-------- Material for this task

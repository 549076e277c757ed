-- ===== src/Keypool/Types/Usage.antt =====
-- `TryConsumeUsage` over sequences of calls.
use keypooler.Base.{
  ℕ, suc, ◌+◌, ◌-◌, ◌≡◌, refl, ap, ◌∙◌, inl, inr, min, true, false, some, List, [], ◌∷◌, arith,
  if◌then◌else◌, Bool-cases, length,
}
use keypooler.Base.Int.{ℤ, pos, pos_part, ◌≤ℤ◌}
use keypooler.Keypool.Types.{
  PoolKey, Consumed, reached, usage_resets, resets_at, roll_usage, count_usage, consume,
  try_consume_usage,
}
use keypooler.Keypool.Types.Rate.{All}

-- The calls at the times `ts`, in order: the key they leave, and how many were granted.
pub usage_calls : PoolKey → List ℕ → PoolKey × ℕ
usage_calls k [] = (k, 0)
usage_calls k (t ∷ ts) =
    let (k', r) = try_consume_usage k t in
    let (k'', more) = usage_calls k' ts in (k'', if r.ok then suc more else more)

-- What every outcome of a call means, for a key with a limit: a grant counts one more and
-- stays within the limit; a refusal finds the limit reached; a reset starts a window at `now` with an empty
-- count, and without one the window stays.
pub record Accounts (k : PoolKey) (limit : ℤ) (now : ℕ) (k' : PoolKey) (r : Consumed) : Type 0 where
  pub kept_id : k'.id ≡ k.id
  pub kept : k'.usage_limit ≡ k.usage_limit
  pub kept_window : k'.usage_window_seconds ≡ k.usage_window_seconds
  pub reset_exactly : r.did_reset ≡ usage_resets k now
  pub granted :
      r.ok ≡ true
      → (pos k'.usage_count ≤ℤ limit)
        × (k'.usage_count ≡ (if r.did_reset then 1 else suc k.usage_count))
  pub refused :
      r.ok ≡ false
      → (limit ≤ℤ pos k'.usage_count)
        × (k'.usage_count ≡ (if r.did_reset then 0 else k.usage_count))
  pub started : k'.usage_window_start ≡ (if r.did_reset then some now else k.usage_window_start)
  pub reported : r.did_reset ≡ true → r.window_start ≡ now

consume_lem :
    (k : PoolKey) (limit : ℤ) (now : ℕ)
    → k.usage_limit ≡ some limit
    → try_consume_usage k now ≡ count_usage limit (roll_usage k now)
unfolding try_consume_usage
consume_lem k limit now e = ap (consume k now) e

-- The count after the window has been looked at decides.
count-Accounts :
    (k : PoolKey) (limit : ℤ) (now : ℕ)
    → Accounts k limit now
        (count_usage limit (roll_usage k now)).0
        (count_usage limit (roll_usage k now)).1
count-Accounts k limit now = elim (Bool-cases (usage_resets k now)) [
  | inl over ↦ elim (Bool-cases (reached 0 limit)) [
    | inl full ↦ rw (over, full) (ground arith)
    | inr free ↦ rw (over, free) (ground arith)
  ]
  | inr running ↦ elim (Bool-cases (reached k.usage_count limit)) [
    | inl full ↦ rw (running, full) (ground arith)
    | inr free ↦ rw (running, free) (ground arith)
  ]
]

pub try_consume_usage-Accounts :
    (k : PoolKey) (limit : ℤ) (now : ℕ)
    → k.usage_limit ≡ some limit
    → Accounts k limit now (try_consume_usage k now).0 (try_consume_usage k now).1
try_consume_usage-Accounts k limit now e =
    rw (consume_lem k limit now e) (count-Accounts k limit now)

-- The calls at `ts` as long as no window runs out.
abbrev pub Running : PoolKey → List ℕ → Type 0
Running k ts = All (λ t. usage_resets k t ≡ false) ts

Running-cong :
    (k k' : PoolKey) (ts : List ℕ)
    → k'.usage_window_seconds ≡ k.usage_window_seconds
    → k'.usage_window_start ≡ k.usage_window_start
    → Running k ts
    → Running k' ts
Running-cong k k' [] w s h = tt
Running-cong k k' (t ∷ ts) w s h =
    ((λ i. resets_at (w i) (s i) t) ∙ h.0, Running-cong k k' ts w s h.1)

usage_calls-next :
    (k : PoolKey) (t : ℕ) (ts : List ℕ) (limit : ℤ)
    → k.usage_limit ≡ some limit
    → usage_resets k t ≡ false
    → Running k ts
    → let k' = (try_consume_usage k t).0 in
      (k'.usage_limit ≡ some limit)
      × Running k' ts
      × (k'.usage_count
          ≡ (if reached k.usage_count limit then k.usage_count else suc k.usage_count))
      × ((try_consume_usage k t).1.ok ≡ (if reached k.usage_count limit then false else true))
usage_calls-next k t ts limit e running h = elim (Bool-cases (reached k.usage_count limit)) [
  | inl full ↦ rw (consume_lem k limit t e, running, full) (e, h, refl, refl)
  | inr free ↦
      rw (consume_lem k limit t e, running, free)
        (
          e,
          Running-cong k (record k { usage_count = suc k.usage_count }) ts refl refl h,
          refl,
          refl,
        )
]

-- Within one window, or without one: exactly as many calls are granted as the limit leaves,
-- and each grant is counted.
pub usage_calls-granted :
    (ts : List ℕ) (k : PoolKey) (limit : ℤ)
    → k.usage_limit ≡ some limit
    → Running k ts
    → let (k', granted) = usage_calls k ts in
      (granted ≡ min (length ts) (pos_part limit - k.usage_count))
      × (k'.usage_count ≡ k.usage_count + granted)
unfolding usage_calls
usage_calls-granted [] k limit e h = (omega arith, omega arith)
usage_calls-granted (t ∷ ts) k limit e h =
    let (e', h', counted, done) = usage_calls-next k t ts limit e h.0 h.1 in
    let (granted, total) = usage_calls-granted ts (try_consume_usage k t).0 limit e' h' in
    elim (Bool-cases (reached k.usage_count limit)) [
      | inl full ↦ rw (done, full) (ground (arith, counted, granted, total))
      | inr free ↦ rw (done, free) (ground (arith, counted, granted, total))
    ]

----------------

● **Task statement**:
Provide all the records again, word for word.

● **Expected output**:
repository 549076e277c757ed
-- ===== src/Keypool/Types/Usage.antt =====
-- `TryConsumeUsage` over sequences of calls.
use keypooler.Base.{
  ℕ, suc, ◌+◌, ◌-◌, ◌≡◌, refl, ap, ◌∙◌, inl, inr, min, true, false, some, List, [], ◌∷◌, arith,
  if◌then◌else◌, Bool-cases, length,
}
use keypooler.Base.Int.{ℤ, pos, pos_part, ◌≤ℤ◌}
use keypooler.Keypool.Types.{
  PoolKey, Consumed, reached, usage_resets, resets_at, roll_usage, count_usage, consume,
  try_consume_usage,
}
use keypooler.Keypool.Types.Rate.{All}

-- The calls at the times `ts`, in order: the key they leave, and how many were granted.
pub usage_calls : PoolKey → List ℕ → PoolKey × ℕ
usage_calls k [] = (k, 0)
usage_calls k (t ∷ ts) =
    let (k', r) = try_consume_usage k t in
    let (k'', more) = usage_calls k' ts in (k'', if r.ok then suc more else more)

-- What every outcome of a call means, for a key with a limit: a grant counts one more and
-- stays within the limit; a refusal finds the limit reached; a reset starts a window at `now` with an empty
-- count, and without one the window stays.
pub record Accounts (k : PoolKey) (limit : ℤ) (now : ℕ) (k' : PoolKey) (r : Consumed) : Type 0 where
  pub kept_id : k'.id ≡ k.id
  pub kept : k'.usage_limit ≡ k.usage_limit
  pub kept_window : k'.usage_window_seconds ≡ k.usage_window_seconds
  pub reset_exactly : r.did_reset ≡ usage_resets k now
  pub granted :
      r.ok ≡ true
      → (pos k'.usage_count ≤ℤ limit)
        × (k'.usage_count ≡ (if r.did_reset then 1 else suc k.usage_count))
  pub refused :
      r.ok ≡ false
      → (limit ≤ℤ pos k'.usage_count)
        × (k'.usage_count ≡ (if r.did_reset then 0 else k.usage_count))
  pub started : k'.usage_window_start ≡ (if r.did_reset then some now else k.usage_window_start)
  pub reported : r.did_reset ≡ true → r.window_start ≡ now

consume_lem :
    (k : PoolKey) (limit : ℤ) (now : ℕ)
    → k.usage_limit ≡ some limit
    → try_consume_usage k now ≡ count_usage limit (roll_usage k now)
unfolding try_consume_usage
consume_lem k limit now e = ap (consume k now) e

-- The count after the window has been looked at decides.
count-Accounts :
    (k : PoolKey) (limit : ℤ) (now : ℕ)
    → Accounts k limit now
        (count_usage limit (roll_usage k now)).0
        (count_usage limit (roll_usage k now)).1
count-Accounts k limit now = elim (Bool-cases (usage_resets k now)) [
  | inl over ↦ elim (Bool-cases (reached 0 limit)) [
    | inl full ↦ rw (over, full) (ground arith)
    | inr free ↦ rw (over, free) (ground arith)
  ]
  | inr running ↦ elim (Bool-cases (reached k.usage_count limit)) [
    | inl full ↦ rw (running, full) (ground arith)
    | inr free ↦ rw (running, free) (ground arith)
  ]
]

pub try_consume_usage-Accounts :
    (k : PoolKey) (limit : ℤ) (now : ℕ)
    → k.usage_limit ≡ some limit
    → Accounts k limit now (try_consume_usage k now).0 (try_consume_usage k now).1
try_consume_usage-Accounts k limit now e =
    rw (consume_lem k limit now e) (count-Accounts k limit now)

-- The calls at `ts` as long as no window runs out.
abbrev pub Running : PoolKey → List ℕ → Type 0
Running k ts = All (λ t. usage_resets k t ≡ false) ts

Running-cong :
    (k k' : PoolKey) (ts : List ℕ)
    → k'.usage_window_seconds ≡ k.usage_window_seconds
    → k'.usage_window_start ≡ k.usage_window_start
    → Running k ts
    → Running k' ts
Running-cong k k' [] w s h = tt
Running-cong k k' (t ∷ ts) w s h =
    ((λ i. resets_at (w i) (s i) t) ∙ h.0, Running-cong k k' ts w s h.1)

usage_calls-next :
    (k : PoolKey) (t : ℕ) (ts : List ℕ) (limit : ℤ)
    → k.usage_limit ≡ some limit
    → usage_resets k t ≡ false
    → Running k ts
    → let k' = (try_consume_usage k t).0 in
      (k'.usage_limit ≡ some limit)
      × Running k' ts
      × (k'.usage_count
          ≡ (if reached k.usage_count limit then k.usage_count else suc k.usage_count))
      × ((try_consume_usage k t).1.ok ≡ (if reached k.usage_count limit then false else true))
usage_calls-next k t ts limit e running h = elim (Bool-cases (reached k.usage_count limit)) [
  | inl full ↦ rw (consume_lem k limit t e, running, full) (e, h, refl, refl)
  | inr free ↦
      rw (consume_lem k limit t e, running, free)
        (
          e,
          Running-cong k (record k { usage_count = suc k.usage_count }) ts refl refl h,
          refl,
          refl,
        )
]

-- Within one window, or without one: exactly as many calls are granted as the limit leaves,
-- and each grant is counted.
pub usage_calls-granted :
    (ts : List ℕ) (k : PoolKey) (limit : ℤ)
    → k.usage_limit ≡ some limit
    → Running k ts
    → let (k', granted) = usage_calls k ts in
      (granted ≡ min (length ts) (pos_part limit - k.usage_count))
      × (k'.usage_count ≡ k.usage_count + granted)
unfolding usage_calls
usage_calls-granted [] k limit e h = (omega arith, omega arith)
usage_calls-granted (t ∷ ts) k limit e h =
    let (e', h', counted, done) = usage_calls-next k t ts limit e h.0 h.1 in
    let (granted, total) = usage_calls-granted ts (try_consume_usage k t).0 limit e' h' in
    elim (Bool-cases (reached k.usage_count limit)) [
      | inl full ↦ rw (done, full) (ground (arith, counted, granted, total))
      | inr free ↦ rw (done, free) (ground (arith, counted, granted, total))
    ]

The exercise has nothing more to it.